> **RECORD EXTRACTS**
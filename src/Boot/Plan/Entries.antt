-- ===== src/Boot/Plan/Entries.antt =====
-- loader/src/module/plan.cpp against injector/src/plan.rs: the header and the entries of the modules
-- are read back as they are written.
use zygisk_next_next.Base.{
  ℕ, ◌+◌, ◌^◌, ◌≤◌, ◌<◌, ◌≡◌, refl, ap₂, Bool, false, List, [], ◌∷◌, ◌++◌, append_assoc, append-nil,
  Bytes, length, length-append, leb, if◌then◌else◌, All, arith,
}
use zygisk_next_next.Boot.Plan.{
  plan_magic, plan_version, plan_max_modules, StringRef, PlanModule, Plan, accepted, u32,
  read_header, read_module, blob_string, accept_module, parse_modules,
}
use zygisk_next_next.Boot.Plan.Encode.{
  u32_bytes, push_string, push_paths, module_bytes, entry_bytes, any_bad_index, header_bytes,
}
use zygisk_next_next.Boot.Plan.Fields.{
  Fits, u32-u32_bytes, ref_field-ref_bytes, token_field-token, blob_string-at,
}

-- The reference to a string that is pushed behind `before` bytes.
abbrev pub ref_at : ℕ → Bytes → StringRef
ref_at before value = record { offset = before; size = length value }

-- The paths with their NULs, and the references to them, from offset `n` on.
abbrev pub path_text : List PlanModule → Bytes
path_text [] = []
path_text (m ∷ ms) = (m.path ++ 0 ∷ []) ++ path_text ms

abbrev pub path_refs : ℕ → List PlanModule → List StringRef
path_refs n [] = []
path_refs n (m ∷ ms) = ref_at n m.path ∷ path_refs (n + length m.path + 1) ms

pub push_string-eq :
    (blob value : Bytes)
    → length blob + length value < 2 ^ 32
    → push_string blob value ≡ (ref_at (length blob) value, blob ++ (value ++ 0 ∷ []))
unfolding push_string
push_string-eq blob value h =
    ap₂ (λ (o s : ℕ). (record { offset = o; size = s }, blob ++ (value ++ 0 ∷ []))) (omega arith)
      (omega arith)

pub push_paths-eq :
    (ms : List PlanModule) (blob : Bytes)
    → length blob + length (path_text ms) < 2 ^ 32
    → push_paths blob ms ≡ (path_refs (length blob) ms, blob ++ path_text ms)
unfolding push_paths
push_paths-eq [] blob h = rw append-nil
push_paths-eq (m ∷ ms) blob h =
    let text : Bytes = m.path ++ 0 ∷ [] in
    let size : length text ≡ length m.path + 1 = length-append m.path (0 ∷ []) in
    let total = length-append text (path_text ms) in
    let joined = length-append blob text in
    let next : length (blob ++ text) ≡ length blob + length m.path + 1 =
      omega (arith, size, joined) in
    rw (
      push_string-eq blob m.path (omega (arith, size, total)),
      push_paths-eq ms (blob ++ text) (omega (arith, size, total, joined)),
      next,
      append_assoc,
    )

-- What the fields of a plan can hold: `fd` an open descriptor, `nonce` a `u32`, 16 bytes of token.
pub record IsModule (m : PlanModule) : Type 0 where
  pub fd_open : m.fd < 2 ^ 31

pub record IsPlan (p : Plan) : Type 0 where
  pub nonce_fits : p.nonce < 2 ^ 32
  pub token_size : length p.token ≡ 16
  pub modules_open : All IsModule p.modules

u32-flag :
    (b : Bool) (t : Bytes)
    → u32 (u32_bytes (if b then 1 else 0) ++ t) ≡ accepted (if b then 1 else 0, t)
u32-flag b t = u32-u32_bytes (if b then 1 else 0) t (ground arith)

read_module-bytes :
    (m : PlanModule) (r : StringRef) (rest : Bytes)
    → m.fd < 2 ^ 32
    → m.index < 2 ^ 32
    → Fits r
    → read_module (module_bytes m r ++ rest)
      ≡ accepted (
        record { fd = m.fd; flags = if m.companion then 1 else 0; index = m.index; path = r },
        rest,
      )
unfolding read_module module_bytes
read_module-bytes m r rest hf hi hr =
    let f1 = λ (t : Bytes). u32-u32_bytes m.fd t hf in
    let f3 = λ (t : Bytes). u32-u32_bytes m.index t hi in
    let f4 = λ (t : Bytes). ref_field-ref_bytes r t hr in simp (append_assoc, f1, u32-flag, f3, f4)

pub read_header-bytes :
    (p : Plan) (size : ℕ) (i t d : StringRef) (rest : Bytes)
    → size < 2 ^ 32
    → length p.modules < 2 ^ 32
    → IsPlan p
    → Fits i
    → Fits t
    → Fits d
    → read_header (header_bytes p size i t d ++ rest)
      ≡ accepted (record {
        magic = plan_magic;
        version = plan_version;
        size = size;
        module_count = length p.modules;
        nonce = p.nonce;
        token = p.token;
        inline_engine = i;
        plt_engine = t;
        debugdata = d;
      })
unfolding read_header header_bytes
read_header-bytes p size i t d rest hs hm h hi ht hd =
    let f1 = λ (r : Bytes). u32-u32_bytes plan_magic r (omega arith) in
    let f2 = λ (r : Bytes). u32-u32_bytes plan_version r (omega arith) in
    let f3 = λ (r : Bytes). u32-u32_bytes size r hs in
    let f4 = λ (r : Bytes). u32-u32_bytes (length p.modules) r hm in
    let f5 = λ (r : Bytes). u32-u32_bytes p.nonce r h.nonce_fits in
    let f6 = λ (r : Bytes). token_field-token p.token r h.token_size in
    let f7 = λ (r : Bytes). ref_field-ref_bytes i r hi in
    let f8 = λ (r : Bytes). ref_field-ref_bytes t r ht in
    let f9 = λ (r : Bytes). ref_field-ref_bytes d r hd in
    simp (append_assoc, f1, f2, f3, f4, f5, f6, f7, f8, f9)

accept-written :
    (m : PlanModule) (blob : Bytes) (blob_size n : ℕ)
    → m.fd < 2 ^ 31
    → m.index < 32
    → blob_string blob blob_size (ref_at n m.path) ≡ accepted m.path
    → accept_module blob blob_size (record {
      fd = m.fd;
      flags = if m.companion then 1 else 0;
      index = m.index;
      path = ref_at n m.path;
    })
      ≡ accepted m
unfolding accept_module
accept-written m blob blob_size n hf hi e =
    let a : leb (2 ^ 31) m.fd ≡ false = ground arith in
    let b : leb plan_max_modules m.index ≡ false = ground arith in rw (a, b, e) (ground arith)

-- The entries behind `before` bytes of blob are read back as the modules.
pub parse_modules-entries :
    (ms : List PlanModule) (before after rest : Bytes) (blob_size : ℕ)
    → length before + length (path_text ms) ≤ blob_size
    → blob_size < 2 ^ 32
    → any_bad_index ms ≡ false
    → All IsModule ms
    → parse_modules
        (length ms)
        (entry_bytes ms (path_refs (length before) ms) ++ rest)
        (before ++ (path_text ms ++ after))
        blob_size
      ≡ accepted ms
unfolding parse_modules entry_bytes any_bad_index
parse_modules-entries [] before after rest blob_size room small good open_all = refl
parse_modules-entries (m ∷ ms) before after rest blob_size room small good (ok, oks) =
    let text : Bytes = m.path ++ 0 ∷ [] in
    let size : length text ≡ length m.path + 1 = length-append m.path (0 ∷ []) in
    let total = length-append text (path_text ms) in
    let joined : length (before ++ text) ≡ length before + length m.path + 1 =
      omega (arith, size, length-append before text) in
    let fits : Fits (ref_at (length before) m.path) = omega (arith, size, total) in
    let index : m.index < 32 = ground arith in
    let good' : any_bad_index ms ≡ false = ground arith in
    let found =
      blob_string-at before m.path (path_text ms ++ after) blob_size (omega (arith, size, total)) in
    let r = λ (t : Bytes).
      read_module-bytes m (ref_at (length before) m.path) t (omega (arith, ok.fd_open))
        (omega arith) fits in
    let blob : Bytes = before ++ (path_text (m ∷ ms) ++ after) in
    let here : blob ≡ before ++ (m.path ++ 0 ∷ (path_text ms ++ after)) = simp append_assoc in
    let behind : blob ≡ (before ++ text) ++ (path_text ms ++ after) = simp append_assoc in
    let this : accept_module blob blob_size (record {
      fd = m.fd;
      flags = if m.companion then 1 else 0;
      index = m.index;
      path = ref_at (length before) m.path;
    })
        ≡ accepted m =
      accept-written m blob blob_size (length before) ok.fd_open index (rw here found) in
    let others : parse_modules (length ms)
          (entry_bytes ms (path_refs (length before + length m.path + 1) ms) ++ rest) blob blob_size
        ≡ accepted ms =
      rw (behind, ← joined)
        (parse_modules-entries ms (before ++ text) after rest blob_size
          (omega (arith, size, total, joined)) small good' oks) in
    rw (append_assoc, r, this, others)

...

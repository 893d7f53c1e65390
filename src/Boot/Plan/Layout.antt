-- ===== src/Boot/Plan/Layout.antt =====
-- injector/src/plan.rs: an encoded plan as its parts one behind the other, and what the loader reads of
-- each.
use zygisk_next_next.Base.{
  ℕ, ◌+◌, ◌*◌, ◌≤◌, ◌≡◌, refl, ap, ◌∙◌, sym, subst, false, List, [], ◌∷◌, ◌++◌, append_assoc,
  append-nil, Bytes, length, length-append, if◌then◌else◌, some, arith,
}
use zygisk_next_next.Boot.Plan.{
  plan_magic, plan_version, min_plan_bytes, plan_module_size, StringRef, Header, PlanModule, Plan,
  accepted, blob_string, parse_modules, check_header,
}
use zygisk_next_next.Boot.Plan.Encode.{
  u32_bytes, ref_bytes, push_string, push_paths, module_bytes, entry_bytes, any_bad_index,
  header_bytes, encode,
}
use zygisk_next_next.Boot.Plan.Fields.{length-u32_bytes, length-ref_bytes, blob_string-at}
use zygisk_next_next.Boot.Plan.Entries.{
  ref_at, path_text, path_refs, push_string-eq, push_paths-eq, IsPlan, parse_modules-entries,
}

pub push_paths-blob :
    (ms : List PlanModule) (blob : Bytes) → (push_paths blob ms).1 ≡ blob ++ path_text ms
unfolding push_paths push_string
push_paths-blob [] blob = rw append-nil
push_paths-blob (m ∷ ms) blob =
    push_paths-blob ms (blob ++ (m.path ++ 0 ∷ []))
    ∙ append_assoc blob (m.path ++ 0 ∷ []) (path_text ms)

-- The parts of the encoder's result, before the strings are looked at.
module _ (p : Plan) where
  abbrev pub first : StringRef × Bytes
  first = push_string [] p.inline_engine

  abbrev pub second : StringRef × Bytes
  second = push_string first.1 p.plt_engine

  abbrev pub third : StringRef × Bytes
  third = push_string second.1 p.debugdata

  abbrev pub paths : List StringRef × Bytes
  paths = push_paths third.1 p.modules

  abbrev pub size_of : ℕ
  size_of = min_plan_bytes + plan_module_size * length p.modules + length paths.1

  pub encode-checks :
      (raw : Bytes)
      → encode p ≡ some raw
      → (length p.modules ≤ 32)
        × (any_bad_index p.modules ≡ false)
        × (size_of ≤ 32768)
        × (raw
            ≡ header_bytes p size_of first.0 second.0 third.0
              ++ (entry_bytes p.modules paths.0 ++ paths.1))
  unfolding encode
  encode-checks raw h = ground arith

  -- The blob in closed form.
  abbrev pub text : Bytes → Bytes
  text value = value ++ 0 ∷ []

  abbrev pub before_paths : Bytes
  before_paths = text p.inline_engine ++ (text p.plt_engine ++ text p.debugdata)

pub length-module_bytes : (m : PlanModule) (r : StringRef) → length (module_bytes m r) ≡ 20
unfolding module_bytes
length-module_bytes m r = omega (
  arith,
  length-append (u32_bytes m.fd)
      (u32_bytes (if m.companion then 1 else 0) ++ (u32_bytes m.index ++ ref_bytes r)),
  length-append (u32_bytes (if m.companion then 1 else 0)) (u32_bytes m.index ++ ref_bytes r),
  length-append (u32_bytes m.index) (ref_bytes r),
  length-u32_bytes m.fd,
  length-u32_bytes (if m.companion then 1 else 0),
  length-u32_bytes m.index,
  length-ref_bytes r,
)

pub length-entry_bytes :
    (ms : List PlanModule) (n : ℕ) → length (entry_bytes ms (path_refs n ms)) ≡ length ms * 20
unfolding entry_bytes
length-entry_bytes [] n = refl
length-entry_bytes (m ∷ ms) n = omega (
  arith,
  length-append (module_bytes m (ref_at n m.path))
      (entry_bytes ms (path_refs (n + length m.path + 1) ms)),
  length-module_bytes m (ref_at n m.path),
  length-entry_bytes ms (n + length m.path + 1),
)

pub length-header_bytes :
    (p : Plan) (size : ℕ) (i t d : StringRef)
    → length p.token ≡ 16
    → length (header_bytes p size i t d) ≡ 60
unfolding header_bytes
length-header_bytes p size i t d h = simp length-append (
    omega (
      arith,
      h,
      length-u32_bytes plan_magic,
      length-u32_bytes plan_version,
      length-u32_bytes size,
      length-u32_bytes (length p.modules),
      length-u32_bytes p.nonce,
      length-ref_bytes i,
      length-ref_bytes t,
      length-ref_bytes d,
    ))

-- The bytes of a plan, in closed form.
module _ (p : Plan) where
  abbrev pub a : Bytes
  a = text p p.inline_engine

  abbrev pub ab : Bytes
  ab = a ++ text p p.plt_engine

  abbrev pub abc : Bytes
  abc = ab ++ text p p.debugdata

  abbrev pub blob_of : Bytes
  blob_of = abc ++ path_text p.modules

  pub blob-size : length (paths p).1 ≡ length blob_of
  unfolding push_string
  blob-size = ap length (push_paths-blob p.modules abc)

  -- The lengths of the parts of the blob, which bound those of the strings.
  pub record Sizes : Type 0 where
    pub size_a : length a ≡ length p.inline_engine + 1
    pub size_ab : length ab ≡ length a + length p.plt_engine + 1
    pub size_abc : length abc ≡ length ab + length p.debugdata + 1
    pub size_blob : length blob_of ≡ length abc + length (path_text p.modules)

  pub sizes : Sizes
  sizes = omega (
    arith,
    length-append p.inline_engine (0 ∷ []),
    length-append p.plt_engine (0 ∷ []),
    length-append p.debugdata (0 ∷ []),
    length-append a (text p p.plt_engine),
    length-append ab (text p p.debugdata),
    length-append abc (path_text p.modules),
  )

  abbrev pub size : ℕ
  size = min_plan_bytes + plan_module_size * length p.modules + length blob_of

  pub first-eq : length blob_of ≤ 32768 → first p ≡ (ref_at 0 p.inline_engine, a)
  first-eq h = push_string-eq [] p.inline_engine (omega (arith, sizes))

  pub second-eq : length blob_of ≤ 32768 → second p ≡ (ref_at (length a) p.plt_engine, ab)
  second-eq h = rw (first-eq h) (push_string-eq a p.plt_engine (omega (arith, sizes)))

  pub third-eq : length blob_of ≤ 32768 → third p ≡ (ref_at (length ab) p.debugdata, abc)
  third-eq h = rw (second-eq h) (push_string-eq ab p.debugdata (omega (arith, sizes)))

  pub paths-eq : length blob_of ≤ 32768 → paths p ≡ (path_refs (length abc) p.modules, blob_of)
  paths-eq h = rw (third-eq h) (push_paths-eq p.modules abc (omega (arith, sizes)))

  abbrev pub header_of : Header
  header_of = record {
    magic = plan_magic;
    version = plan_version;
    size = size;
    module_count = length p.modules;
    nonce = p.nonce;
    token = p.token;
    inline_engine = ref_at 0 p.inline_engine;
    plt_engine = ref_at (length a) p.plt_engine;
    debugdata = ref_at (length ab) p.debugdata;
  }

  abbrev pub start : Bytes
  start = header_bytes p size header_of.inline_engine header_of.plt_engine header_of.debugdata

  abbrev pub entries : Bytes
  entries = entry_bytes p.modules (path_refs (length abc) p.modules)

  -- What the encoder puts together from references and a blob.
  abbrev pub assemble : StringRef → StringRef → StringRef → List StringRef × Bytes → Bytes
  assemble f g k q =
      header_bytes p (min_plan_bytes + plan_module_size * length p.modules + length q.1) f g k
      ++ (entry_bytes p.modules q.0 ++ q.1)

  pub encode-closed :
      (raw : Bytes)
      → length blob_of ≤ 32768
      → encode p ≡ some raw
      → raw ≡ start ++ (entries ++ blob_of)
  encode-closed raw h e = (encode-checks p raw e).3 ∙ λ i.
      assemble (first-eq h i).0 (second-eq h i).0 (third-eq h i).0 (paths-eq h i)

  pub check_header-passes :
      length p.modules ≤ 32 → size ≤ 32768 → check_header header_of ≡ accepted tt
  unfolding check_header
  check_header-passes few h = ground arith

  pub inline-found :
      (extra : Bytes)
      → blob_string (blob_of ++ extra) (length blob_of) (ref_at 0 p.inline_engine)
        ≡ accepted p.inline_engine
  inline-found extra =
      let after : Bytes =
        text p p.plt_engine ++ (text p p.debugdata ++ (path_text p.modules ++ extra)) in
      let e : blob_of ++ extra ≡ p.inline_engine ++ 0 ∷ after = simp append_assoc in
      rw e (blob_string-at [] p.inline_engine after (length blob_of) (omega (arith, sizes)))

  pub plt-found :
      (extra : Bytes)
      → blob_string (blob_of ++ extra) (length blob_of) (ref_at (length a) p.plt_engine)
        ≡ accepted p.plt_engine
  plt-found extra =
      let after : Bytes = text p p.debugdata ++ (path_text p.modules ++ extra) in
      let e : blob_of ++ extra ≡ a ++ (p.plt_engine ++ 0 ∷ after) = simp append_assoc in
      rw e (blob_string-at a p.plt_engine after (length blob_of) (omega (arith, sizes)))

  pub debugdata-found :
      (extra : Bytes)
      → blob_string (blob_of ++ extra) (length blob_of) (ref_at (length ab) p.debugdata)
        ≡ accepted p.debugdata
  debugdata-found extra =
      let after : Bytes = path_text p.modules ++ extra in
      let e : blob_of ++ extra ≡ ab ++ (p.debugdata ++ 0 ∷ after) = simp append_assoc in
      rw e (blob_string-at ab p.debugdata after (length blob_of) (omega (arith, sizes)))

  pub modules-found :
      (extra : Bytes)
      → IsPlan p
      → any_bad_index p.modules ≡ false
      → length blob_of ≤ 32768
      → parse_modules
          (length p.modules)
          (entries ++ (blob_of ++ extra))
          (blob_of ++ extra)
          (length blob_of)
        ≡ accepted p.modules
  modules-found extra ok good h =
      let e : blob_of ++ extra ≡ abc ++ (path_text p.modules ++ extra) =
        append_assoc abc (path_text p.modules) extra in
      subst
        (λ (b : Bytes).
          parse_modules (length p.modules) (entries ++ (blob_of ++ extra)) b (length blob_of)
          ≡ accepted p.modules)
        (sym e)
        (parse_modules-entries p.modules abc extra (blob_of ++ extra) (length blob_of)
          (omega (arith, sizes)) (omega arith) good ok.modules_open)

> **WORK TASK**
Look above for the line that contains "length-module_bytes m (ref_at". Starting there, transcribe every line exactly until you have copied the line that contains "abbrev pub ab : Bytes".

> **SOLUTION**
  length-module_bytes m (ref_at n m.path),
  length-entry_bytes ms (n + length m.path + 1),
)

pub length-header_bytes :
    (p : Plan) (size : ℕ) (i t d : StringRef)
    → length p.token ≡ 16
    → length (header_bytes p size i t d) ≡ 60
unfolding header_bytes
length-header_bytes p size i t d h = simp length-append (
    omega (
      arith,
      h,
      length-u32_bytes plan_magic,
      length-u32_bytes plan_version,
      length-u32_bytes size,
      length-u32_bytes (length p.modules),
      length-u32_bytes p.nonce,
      length-ref_bytes i,
      length-ref_bytes t,
      length-ref_bytes d,
    ))

-- The bytes of a plan, in closed form.
module _ (p : Plan) where
  abbrev pub a : Bytes
  a = text p p.inline_engine

  abbrev pub ab : Bytes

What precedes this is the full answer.